I can imagine by some stretch you can still blame the rich, maybe without the rich people they'd have more access to better farmland, cheap water, etc.
Lol, so desperate to be the victim of an imaginary rich person that you don't even understand that it universally takes work to do things like eat food.
How do you think people got food 10,000 years ago? Or 30,000?
Do you think being a hunter-gatherer society is a vacation? Who were the rich people before money was invented that apparently caused things like drought?
I do wonder what the alternative is... Would that be growing/hunting your own food and making your own clothes and building your own shelter? I don't know about anyone else, but I would not live long in that scenario.
The context is that there is enough wealth in most western countries that not everyone must work to survive. Working should be for having access to more things that just surviving, and not everyone should be required to work all the time just to survive.

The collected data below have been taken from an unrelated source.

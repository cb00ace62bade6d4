-- ===== src/Timeline/Cleanup.antt =====
-- What a retention cleanup deletes and keeps.
use tracegarden.Prelude.{
  ℕ, ◌*◌, ◌≡◌, refl, ◌∙◌, inl, inr, Bool, true, false, not, ◌&&◌, Option, none, some, List, [], ◌∷◌,
  arith, ltb, if◌then◌else◌, Bool-cases, Option-cases, filter, Str,
}
use tracegarden.Prelude.Dates.{Dates}
use tracegarden.Prelude.Dict.{get, values}
use tracegarden.Timeline.Records.{Entry, Store}
use tracegarden.Timeline.Retention.{
  day, cleanup_with, cleanup_retention, get_retention_policy, is_protected, is_candidate,
  is_eligible, cleanup_before, delete_entries,
}
use tracegarden.Prelude.Result.{Result-cases}
use tracegarden.Timeline.Keyed.{
  remove_all-Keyed, Keyed, passes, any_id-filter, get-remove_all, Keyed-KeysDistinct, Keyed-get,
}

filter-filter :
    (p q : Entry → Bool) (xs : List Entry) → filter q (filter p xs) ≡ filter (λ e. p e && q e) xs
filter-filter p q [] = refl
filter-filter p q (x ∷ xs) = ground (arith, filter-filter p q xs)

module _ (d : Dates) where
  pub eligible_entries :
      (workspace : Str) (cutoff : ℕ) (s : Store)
      → filter
          (λ e. not (is_protected s e.id))
          (filter (is_candidate d workspace cutoff) (values s.entries))
        ≡ filter (is_eligible d workspace cutoff s) (values s.entries)
  eligible_entries workspace cutoff s = filter-filter _ _ (values s.entries)

  pub cleanup_before-entries :
      (workspace : Str) (days cutoff : ℕ) (s : Store) (id : Str)
      → Keyed s.entries
      → get id (cleanup_before d workspace days cutoff s).1.entries ≡ (
          if passes (is_eligible d workspace cutoff s) (get id s.entries)
          then none
          else get id s.entries)
  unfolding cleanup_before delete_entries
  cleanup_before-entries workspace days cutoff s id h =
      rw
        (
          get-remove_all _ id s.entries (Keyed-KeysDistinct s.entries h),
          eligible_entries workspace cutoff s,
          any_id-filter _ id s.entries h,
        )
        refl

  get_retention_policy-entries :
      (now : ℕ) (workspace : Str) (s : Store)
      → let s' = (get_retention_policy d now workspace s).1 in
        (s'.entries ≡ s.entries) × (s'.links ≡ s.links)
  unfolding get_retention_policy
  get_retention_policy-entries now workspace s = ground arith

  cleanup_with-keeps_protected :
      (workspace : Str) (at : Option ℕ) (days : ℕ) (s : Store) (id : Str)
      → Keyed s.entries
      → is_protected s id ≡ true
      → get id (cleanup_with d workspace at days s).1.entries ≡ get id s.entries
  unfolding cleanup_with
  cleanup_with-keeps_protected workspace none days s id h p = refl
  cleanup_with-keeps_protected workspace (some t) days s id h p =
      elim (Bool-cases (ltb t (days * day))) [
        | inl e ↦ rw e refl
        | inr e ↦
            rw (e, cleanup_before-entries workspace days _ s id h)
              (elim (Option-cases (get id s.entries)) [
                | inl g ↦ rw g refl
                | inr (x, g) ↦ rw (g, Keyed-get id s.entries x h g, p) (ground arith)
              ])
      ]

  pub cleanup_before-Keyed :
      (workspace : Str) (days cutoff : ℕ) (s : Store)
      → Keyed s.entries
      → Keyed (cleanup_before d workspace days cutoff s).1.entries
  unfolding cleanup_before delete_entries
  cleanup_before-Keyed workspace days cutoff s h = remove_all-Keyed _ s.entries h

  -- Whatever the outcome of a cleanup, an entry at the end of a confirmed link is as it was, if each
  -- entry stands once under its id.
  pub cleanup_retention-keeps_protected :
      (now : ℕ) (workspace : Str) (at : Option ℕ) (s : Store) (id : Str)
      → Keyed s.entries
      → is_protected s id ≡ true
      → get id (cleanup_retention d now workspace at s).1.entries ≡ get id s.entries
  unfolding cleanup_retention is_protected
  cleanup_retention-keeps_protected now workspace at s id h p =
      let s' = (get_retention_policy d now workspace s).1 in
      let (e, l) = get_retention_policy-entries now workspace s in
      elim (Result-cases (get_retention_policy d now workspace s).0) [
        | inl (x, r) ↦ rw (r, cleanup_retention) (rw e refl)
        | inr (y, r) ↦
            rw (r, cleanup_retention)
              (rw
                (cleanup_with-keeps_protected workspace at y.retention_days s' id (rw e h) (rw l p))
                (rw e refl))
      ]

  again : (p : Entry → Bool) (o : Option Entry) → passes p (if passes p o then none else o) ≡ false
  again p none = refl
  again p (some e) = ground arith

  -- A second cleanup with the same cutoff leaves every entry as the first one left it, if each entry
  -- stands once under its id.
  pub cleanup_before_again :
      (workspace : Str) (days cutoff : ℕ) (s : Store) (id : Str)
      → Keyed s.entries
      → let s' = (cleanup_before d workspace days cutoff s).1 in
        get id (cleanup_before d workspace days cutoff s').1.entries ≡ get id s'.entries
  unfolding cleanup_before delete_entries is_protected
  cleanup_before_again workspace days cutoff s id h =
      let s' = (cleanup_before d workspace days cutoff s).1 in
      let same : passes (is_eligible d workspace cutoff s') (get id s'.entries) ≡ false =
        rw (cleanup_before-entries workspace days cutoff s id h)
          (again (is_eligible d workspace cutoff s) (get id s.entries)) in
      cleanup_before-entries workspace days cutoff s' id
        (cleanup_before-Keyed workspace days cutoff s h)
      ∙ rw same refl
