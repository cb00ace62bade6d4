-- ===== src/Timeline/Replaced.antt =====
-- A position of the collection that is put twice: `putCheckpoint` of packages/db/src/index.ts.
use tracegarden.Prelude.{
  ◌≡◌, refl, sym, ap, ◌∙◌, inl, inr, false, Option, none, some, Bool-cases, Option-cases, Str,
  ===_refl,
}
use tracegarden.Prelude.Dict.{set, Dict, get, get-set}
use tracegarden.Cluster.{should_replace}
use tracegarden.Timeline.Records.{Checkpoint, CheckpointInput}
use tracegarden.Timeline.Ingest.{checkpoint_key, put_checkpoint, put_optional}

-- A position that may not replace the one that is there is not put.
put_checkpoint-kept :
    (later : Str) (c : CheckpointInput) (checkpoints : Dict Checkpoint) (previous : Checkpoint)
    → get (checkpoint_key c) checkpoints ≡ some previous
    → should_replace c.resource_version previous.input.resource_version ≡ false
    → put_checkpoint later c checkpoints ≡ checkpoints
unfolding put_checkpoint
put_checkpoint-kept later c checkpoints previous e t = rw (e, put_checkpoint, t) refl

should_replace-same : (v : Str) → should_replace v v ≡ false
unfolding should_replace
should_replace-same v = rw (===_refl v) refl

put_checkpoint-set :
    (now later : Str) (c : CheckpointInput) (checkpoints : Dict Checkpoint)
    → let put = set (checkpoint_key c) (record { input = c; updated_at = now }) checkpoints in
      put_checkpoint later c put ≡ put
put_checkpoint-set now later c checkpoints =
    put_checkpoint-kept later c _ (record { input = c; updated_at = now })
      (get-set (checkpoint_key c) (checkpoint_key c) _ checkpoints
        ∙ rw (===_refl (checkpoint_key c)) refl)
      (should_replace-same c.resource_version)

-- A position that was put is there, or one that it may not replace: it is not put again.
put_checkpoint-same :
    (now later : Str) (c : CheckpointInput) (checkpoints : Dict Checkpoint)
    → put_checkpoint later c (put_checkpoint now c checkpoints) ≡ put_checkpoint now c checkpoints
unfolding put_checkpoint
put_checkpoint-same now later c checkpoints =
    elim (Option-cases (get (checkpoint_key c) checkpoints)) [
      | inl e ↦
          let q : put_checkpoint now c checkpoints
              ≡ set (checkpoint_key c) (record { input = c; updated_at = now }) checkpoints =
            rw (e, put_checkpoint) refl in
          ap (put_checkpoint later c) q ∙ put_checkpoint-set now later c checkpoints ∙ sym q
      | inr (previous, e) ↦
          elim (Bool-cases (should_replace c.resource_version previous.input.resource_version)) [
            | inl t ↦
                let q : put_checkpoint now c checkpoints
                    ≡ set (checkpoint_key c) (record { input = c; updated_at = now }) checkpoints =
                  rw (e, put_checkpoint, t) refl in
                ap (put_checkpoint later c) q ∙ put_checkpoint-set now later c checkpoints ∙ sym q
            | inr t ↦
                ap (put_checkpoint later c) (put_checkpoint-kept now c checkpoints previous e t)
                ∙ put_checkpoint-kept later c checkpoints previous e t
                ∙ sym (put_checkpoint-kept now c checkpoints previous e t)
          ]
    ]

pub put_optional-same :
    (now later : Str) (c : Option CheckpointInput) (checkpoints : Dict Checkpoint)
    → put_optional later c (put_optional now c checkpoints) ≡ put_optional now c checkpoints
put_optional-same now later none checkpoints = refl
put_optional-same now later (some c) checkpoints = put_checkpoint-same now later c checkpoints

Basic needs are basic, like food, shelter, and healthcare. If everyone had access to those basic things they would be free even if they need to work to attain more.
Surely there isn't an economic system in which people don't work for a top 1%, but for everyone, you could say a communal, or a social, economic system...
The alternative is all the wealth and resources hoarded by top 1% are shared among people so that everyone has access to basic stuff like food, shelter and healthcare regardless of whether they're able to work.
Which isn't to say this would be easy to achieve, but that doesn't mean we shouldn't try.
Taxing people appropriately is obviously the right way to go. But it actually doesn't change the dynamic identified in the meme substantially. Rich people still hoard resources (albeit less after taxes). And basic needs are only met if enough people keep working to pay taxes or enrich their employers who pay taxes.